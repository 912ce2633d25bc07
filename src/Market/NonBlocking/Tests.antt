-- ===== src/Market/NonBlocking/Tests.antt =====
-- A run of the nonblocking system with the concrete arithmetic: a tick is made, queued, taken, sent
-- and counted, and the monitor takes the count.
use fix_feed_simulator.Prelude.{◌+◌, ◌≤◌, ◌≡◌, ◌≢◌, refl, arith, [], true, length, ◌⊎◌, inr}
use fix_feed_simulator.Prelude.Bytes.{Bytes, ℤ, pos}
use fix_feed_simulator.Network.Sender.{sent, complete, throws}
use fix_feed_simulator.Network.Sender.Sending.{send_lem}
use fix_feed_simulator.Core.Runs.{Run as StepRun, none_yet, and_then}
use fix_feed_simulator.Market.Cents.{cents, cents_clean}
use fix_feed_simulator.Market.NonBlocking.{
  Producer, Consumer, Monitor, System, Step, produce, produce_end, push_ok, count_generated,
  consume, pop_ok, send_test, send_returns, watch, wait_over, take_generated, stop, start, Reach,
  here, later,
}
use fix_feed_simulator.Market.NonBlocking.Counting.{unsettled, uncounted_send, Same64, sent_counts}
use fix_feed_simulator.Market.Wire.{Tells}
use fix_feed_simulator.Market.NonBlocking.Wire.{wire-Tells}
use fix_feed_simulator.Market.NonBlocking.Span.{span_valid}
use fix_feed_simulator.Market.NonBlocking.Shutdown.{shutdown}

record Run : Type 0 where
  last : System ℤ
  reach : Reach cents 32767 true last

-- One tick is queued and counted, and the consumer is about to take it.
abbrev queued : Run
unfolding start
queued = record {
  last = _;
  reach =
      later
        (later (later (later here (produce (pos 1) 0 27 refl refl)) (push_ok _ refl (omega arith)))
          (count_generated refl))
        (consume refl refl);
}

complete_ne_throws : complete ≢ throws
complete_ne_throws e = cc

-- It is taken and its message sent, and the monitor has taken the first count.
abbrev sent_one : Run
unfolding start queued
sent_one = record {
  last = _;
  reach =
      later
        (later
          (later
            (later (later (later queued.reach (pop_ok _ [] refl refl)) (send_test _ refl refl)) (
              send_returns _ (sent _) complete refl ((send_lem _ (sent _)).1.1 refl)
                complete_ne_throws))
            (watch refl refl))
          (wait_over refl refl))
        (take_generated refl);
}

-- The flag falls while a tick is in the queue.
abbrev stopping : Run
unfolding queued
stopping = record { last = _; reach = later queued.reach (stop refl) }

sent_counts_example :
    let s = sent_one.last in
    Same64
      (s.reported_sent + s.ticks_sent + uncounted_send s.consumer)
      (length s.wire + s.given_up + unsettled s.consumer)
sent_counts_example = sent_counts cents 32767 sent_one.reach

one_told : Tells cents sent_one.last.popped sent_one.last.wire
one_told = wire-Tells cents cents_clean 32767 sent_one.reach

-- The producer comes to its loop and leaves it.
record Ending : Type 0 where
  after : System ℤ
  run : StepRun (Step cents 32767) stopping.last 1 after

ending : Ending
unfolding stopping
ending = record { after = _; run = and_then none_yet (produce_end refl refl) }

shutdown_example :
    let t = ending.after in
    (1 ≤ 11)
    × ((t.producer ≡ Producer.finished)
          × (t.consumer ≡ Consumer.finished)
          × (t.monitor ≡ Monitor.finished)
        ⊎ ((u : System ℤ) × Step cents 32767 t u))
unfolding stopping
shutdown_example = shutdown cents 32767 stopping.last ending.after 1 refl ending.run

record Sending : Type 0 where
  last : System ℤ
  reach : Reach cents 32767 true last
  message : Bytes
  at : last.consumer ≡ Consumer.sending message

-- Its message is made, and the flag is up at the test of the sending loop.
sending_one : Sending
unfolding queued
sending_one = record {
  last = _;
  reach = later (later queued.reach (pop_ok _ [] refl refl)) (send_test _ refl refl);
  message = _;
  at = refl;
}

span_valid_example : sending_one.last.builder.final_message_buffer ≡ sending_one.message
span_valid_example =
    span_valid cents 32767 sending_one.message sending_one.reach (inr sending_one.at)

------------------------------------------------------------------------

** Exercise goal **
Set down the data exactly.

** Task response **
repository 912ce2633d25bc07
filename src/Market/NonBlocking/Tests.antt
-- ===== src/Market/NonBlocking/Tests.antt =====
-- A run of the nonblocking system with the concrete arithmetic: a tick is made, queued, taken, sent
-- and counted, and the monitor takes the count.
use fix_feed_simulator.Prelude.{◌+◌, ◌≤◌, ◌≡◌, ◌≢◌, refl, arith, [], true, length, ◌⊎◌, inr}
use fix_feed_simulator.Prelude.Bytes.{Bytes, ℤ, pos}
use fix_feed_simulator.Network.Sender.{sent, complete, throws}
use fix_feed_simulator.Network.Sender.Sending.{send_lem}
use fix_feed_simulator.Core.Runs.{Run as StepRun, none_yet, and_then}
use fix_feed_simulator.Market.Cents.{cents, cents_clean}
use fix_feed_simulator.Market.NonBlocking.{
  Producer, Consumer, Monitor, System, Step, produce, produce_end, push_ok, count_generated,
  consume, pop_ok, send_test, send_returns, watch, wait_over, take_generated, stop, start, Reach,
  here, later,
}
use fix_feed_simulator.Market.NonBlocking.Counting.{unsettled, uncounted_send, Same64, sent_counts}
use fix_feed_simulator.Market.Wire.{Tells}
use fix_feed_simulator.Market.NonBlocking.Wire.{wire-Tells}
use fix_feed_simulator.Market.NonBlocking.Span.{span_valid}
use fix_feed_simulator.Market.NonBlocking.Shutdown.{shutdown}

record Run : Type 0 where
  last : System ℤ
  reach : Reach cents 32767 true last

-- One tick is queued and counted, and the consumer is about to take it.
abbrev queued : Run
unfolding start
queued = record {
  last = _;
  reach =
      later
        (later (later (later here (produce (pos 1) 0 27 refl refl)) (push_ok _ refl (omega arith)))
          (count_generated refl))
        (consume refl refl);
}

complete_ne_throws : complete ≢ throws
complete_ne_throws e = cc

-- It is taken and its message sent, and the monitor has taken the first count.
abbrev sent_one : Run
unfolding start queued
sent_one = record {
  last = _;
  reach =
      later
        (later
          (later
            (later (later (later queued.reach (pop_ok _ [] refl refl)) (send_test _ refl refl)) (
              send_returns _ (sent _) complete refl ((send_lem _ (sent _)).1.1 refl)
                complete_ne_throws))
            (watch refl refl))
          (wait_over refl refl))
        (take_generated refl);
}

-- The flag falls while a tick is in the queue.
abbrev stopping : Run
unfolding queued
stopping = record { last = _; reach = later queued.reach (stop refl) }

sent_counts_example :
    let s = sent_one.last in
    Same64
      (s.reported_sent + s.ticks_sent + uncounted_send s.consumer)
      (length s.wire + s.given_up + unsettled s.consumer)
sent_counts_example = sent_counts cents 32767 sent_one.reach

one_told : Tells cents sent_one.last.popped sent_one.last.wire
one_told = wire-Tells cents cents_clean 32767 sent_one.reach

-- The producer comes to its loop and leaves it.
record Ending : Type 0 where
  after : System ℤ
  run : StepRun (Step cents 32767) stopping.last 1 after

ending : Ending
unfolding stopping
ending = record { after = _; run = and_then none_yet (produce_end refl refl) }

shutdown_example :
    let t = ending.after in
    (1 ≤ 11)
    × ((t.producer ≡ Producer.finished)
          × (t.consumer ≡ Consumer.finished)
          × (t.monitor ≡ Monitor.finished)
        ⊎ ((u : System ℤ) × Step cents 32767 t u))
unfolding stopping
shutdown_example = shutdown cents 32767 stopping.last ending.after 1 refl ending.run

record Sending : Type 0 where
  last : System ℤ
  reach : Reach cents 32767 true last
  message : Bytes
  at : last.consumer ≡ Consumer.sending message

-- Its message is made, and the flag is up at the test of the sending loop.
sending_one : Sending
unfolding queued
sending_one = record {
  last = _;
  reach = later (later queued.reach (pop_ok _ [] refl refl)) (send_test _ refl refl);
  message = _;
  at = refl;
}

span_valid_example : sending_one.last.builder.final_message_buffer ≡ sending_one.message
span_valid_example =
    span_valid cents 32767 sending_one.message sending_one.reach (inr sending_one.at)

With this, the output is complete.